# "in-situ" style PNG orchid vivarium. AKA "The Canopy"



## ChrisFL (Apr 17, 2011)

A green tree python also calls it home...


----------



## John M (Apr 17, 2011)

Wow, Chris....that is incredible! I love the Python too! He's a very beautiful creature. Do you have any whole viv shots? It would help to put all these photos into context. Thx.


----------



## Sirius (Apr 17, 2011)

Wow! That snake is beautiful. I second John's request. I would like to see pics of the whole vivarium, and more of the snake.


----------



## ChrisFL (Apr 17, 2011)

Thanks John!!! It's my preccciouusssss, automated seasonal lighting, misting, ventilation...


----------



## Sirius (Apr 17, 2011)

That is killer. Are those white plactic rod holders holding up the limbs? Like the kind they use in closets? Genius idea.


----------



## Shiva (Apr 17, 2011)

Very interesting. How do you heat the vivavium?


----------



## Erythrone (Apr 17, 2011)

What a pretty snake!


----------



## ChrisFL (Apr 17, 2011)

Shiva said:


> Very interesting. How do you heat the vivavium?



6 x 39 watt t5 fluorescents and 24 inches of thermostated Flexwatt.


----------



## paphioboy (Apr 17, 2011)

Beautiful display.... Snake poo as fertiliser?


----------



## ChrisFL (Apr 17, 2011)

Hahah, actually, I don't use fertilizer at all. Only thing that goes into the tank is distilled water and I clean the bottom with a dilute bleach solution once a week or so.


----------



## ChrisFL (Apr 17, 2011)

PHRAG said:


> That is killer. Are those white plactic rod holders holding up the limbs? Like the kind they use in closets? Genius idea.



Yup! I wanted the tank to resemble a cross section of canopy.

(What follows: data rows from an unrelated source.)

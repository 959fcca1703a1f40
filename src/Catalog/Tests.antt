-- ===== src/Catalog/Tests.antt =====
-- The index of listings at work: its property applied to concrete events.
use gosplash.Prelude.{◌≤◌, String, [], ◌∷◌, none, some, true, ◌≡◌, refl, inr, if◌then◌else◌, ◌==◌}
use gosplash.Prelude.Int.{pos}
use gosplash.Outbox.Row.{Encoding}
use gosplash.Catalog.Db.{ListingRow, Catalog, DbEnv, insert_listing, insert_author}
use gosplash.Catalog.Indexer.{Services}
use gosplash.Catalog.Licenses.{License, LicenseEnv, Licenses, insert_license, revoke_license, grant}
use gosplash.Catalog.Licenses.Once.{Grown, grants_agree}
use gosplash.Catalog.Indexer.Once.{uploaded_event, ready_event, rows_for, event_published_once}

abbrev listing : ListingRow
listing = record {
  id = "photo-1";
  author_id = pos 5;
  title = "sea";
  tags = [];
  storage_key = "k";
  thumbnails = "{}";
  price_cents = pos 0;
  currency = "";
  status = "draft";
  published_at = none;
  width = pos 10;
  height = pos 10;
}

abbrev db_env : DbEnv
db_env = record {
  sql_ok = λ n. true;
  unmarshal_thumbnails = λ t. some [];
  marshal_thumbnails = λ hs. some "{}";
  new_row_id = λ n. "row";
}

abbrev published_encoding : Encoding (ListingRow × String)
published_encoding = record {
  event_id = λ r. r.0.id;
  event_type = λ r. "catalog.listing.published";
  aggregate_id = λ r. r.0.id;
  marshal = λ r. some r.1;
  marshal_headers = λ hs. some "json";
  carrier = [];
}

-- An envelope is the id of its event.
abbrev services : Services String
services = record {
  event_id = λ e. e;
  occurred_at = λ e. "now";
  uploaded = λ e. some (record { photo_id = "photo-1"; user_id = pos 5 });
  ready = λ e. some (record { photo_id = "photo-1"; thumbnails = [] });
  fetch = λ n i u. inr (listing, []);
  author_name = λ i. "author-5";
  envelope_fits = λ r. true;
  published = published_encoding;
}

abbrev nothing_indexed : Catalog
nothing_indexed = record {
  db = record { processed = []; listings = []; authors = []; outbox = [] };
  statements = 0;
  invalidated = [];
}

-- The event comes twice, and one row is written.
redelivered_ready :
    rows_for db_env services "ready"
      (uploaded_event "up" ∷ ready_event "ready" ∷ ready_event "ready" ∷ [])
      nothing_indexed
    ≡ 1
unfolding rows_for insert_listing insert_author
redelivered_ready = refl

event_published_once_example :
    rows_for db_env services "ready"
      (uploaded_event "up" ∷ ready_event "ready" ∷ ready_event "ready" ∷ [])
      nothing_indexed
    ≤ 1
event_published_once_example =
    event_published_once db_env services "ready"
      (uploaded_event "up" ∷ ready_event "ready" ∷ ready_event "ready" ∷ []) nothing_indexed

-- A license of an order, and another that a race inserts before the third statement.
abbrev license : String → String → License
license i o = record {
  id = i;
  listing_id = "photo-1";
  buyer_id = pos 7;
  order_id = o;
  status = "granted";
  reason = "";
}

abbrev license_env : LicenseEnv
license_env = record {
  sql_ok = λ n. true;
  others = λ n. insert_license (license "z" "order-2") ∷ [];
  lag = λ n. if n == 5 then 1 else 0;
}

abbrev no_licenses : Licenses
no_licenses = record { rows = []; past = []; statements = 0 }

abbrev granted_license : License
granted_license = license "a" "order-1"

abbrev revoked_license : License
revoked_license = record granted_license { status = "revoked"; reason = "saga" }

-- The order is granted, its license is revoked, and it is granted again.
grants_agree_example :
    (revoked_license.id ≡ granted_license.id)
    × (revoked_license.listing_id ≡ granted_license.listing_id)
    × (revoked_license.buyer_id ≡ granted_license.buyer_id)
unfolding grant Grown
grants_agree_example =
    grants_agree license_env license_env "order-1" "a" "b" "photo-1" "photo-1" (pos 7) (pos 7)
      (revoke_license "order-1" "saga" ∷ []) 5 no_licenses granted_license revoked_license tt refl
      refl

Hence the no substrate and free hanging branches.


----------



## Justin (Apr 17, 2011)

the snake is gorgeous. nice work!


----------



## SlipperFan (Apr 17, 2011)

Cool. I've thought about doing something like that only in my greenhouse. Still thinking.


----------



## Hera (Apr 17, 2011)

Cool display and gosh that's a beautiful snake. Love it.


----------



## John M (Apr 17, 2011)

Very nice! Thanks for the whole viv photo.


----------



## Heather (Apr 17, 2011)

That is AWESOME! I think my husband is a little worried about how cool I think that is!


----------



## Kevin (Apr 17, 2011)

Very cool! Thanks for posting!


----------



## NYEric (Apr 17, 2011)

Very nice, thanx for sharing. 87F!?!?


----------



## JeanLux (Apr 18, 2011)

Interesting environment!!!! Jean


----------



## wojtek (Apr 18, 2011)

*Morelia viridis ???*


----------



## Marc (Apr 18, 2011)

Very nice, don't the plants get damaged when the snake is slithering over the branches?

Thanks for sharing.


----------



## Dido (Apr 18, 2011)

very inteesting thanks for the idea.


----------



## ChrisFL (Apr 18, 2011)

Thanks so much everyone for your kind words! When I get home in the evenings I love grabbing a beer or making some tea and sitting in front of the tank as the misters come on. 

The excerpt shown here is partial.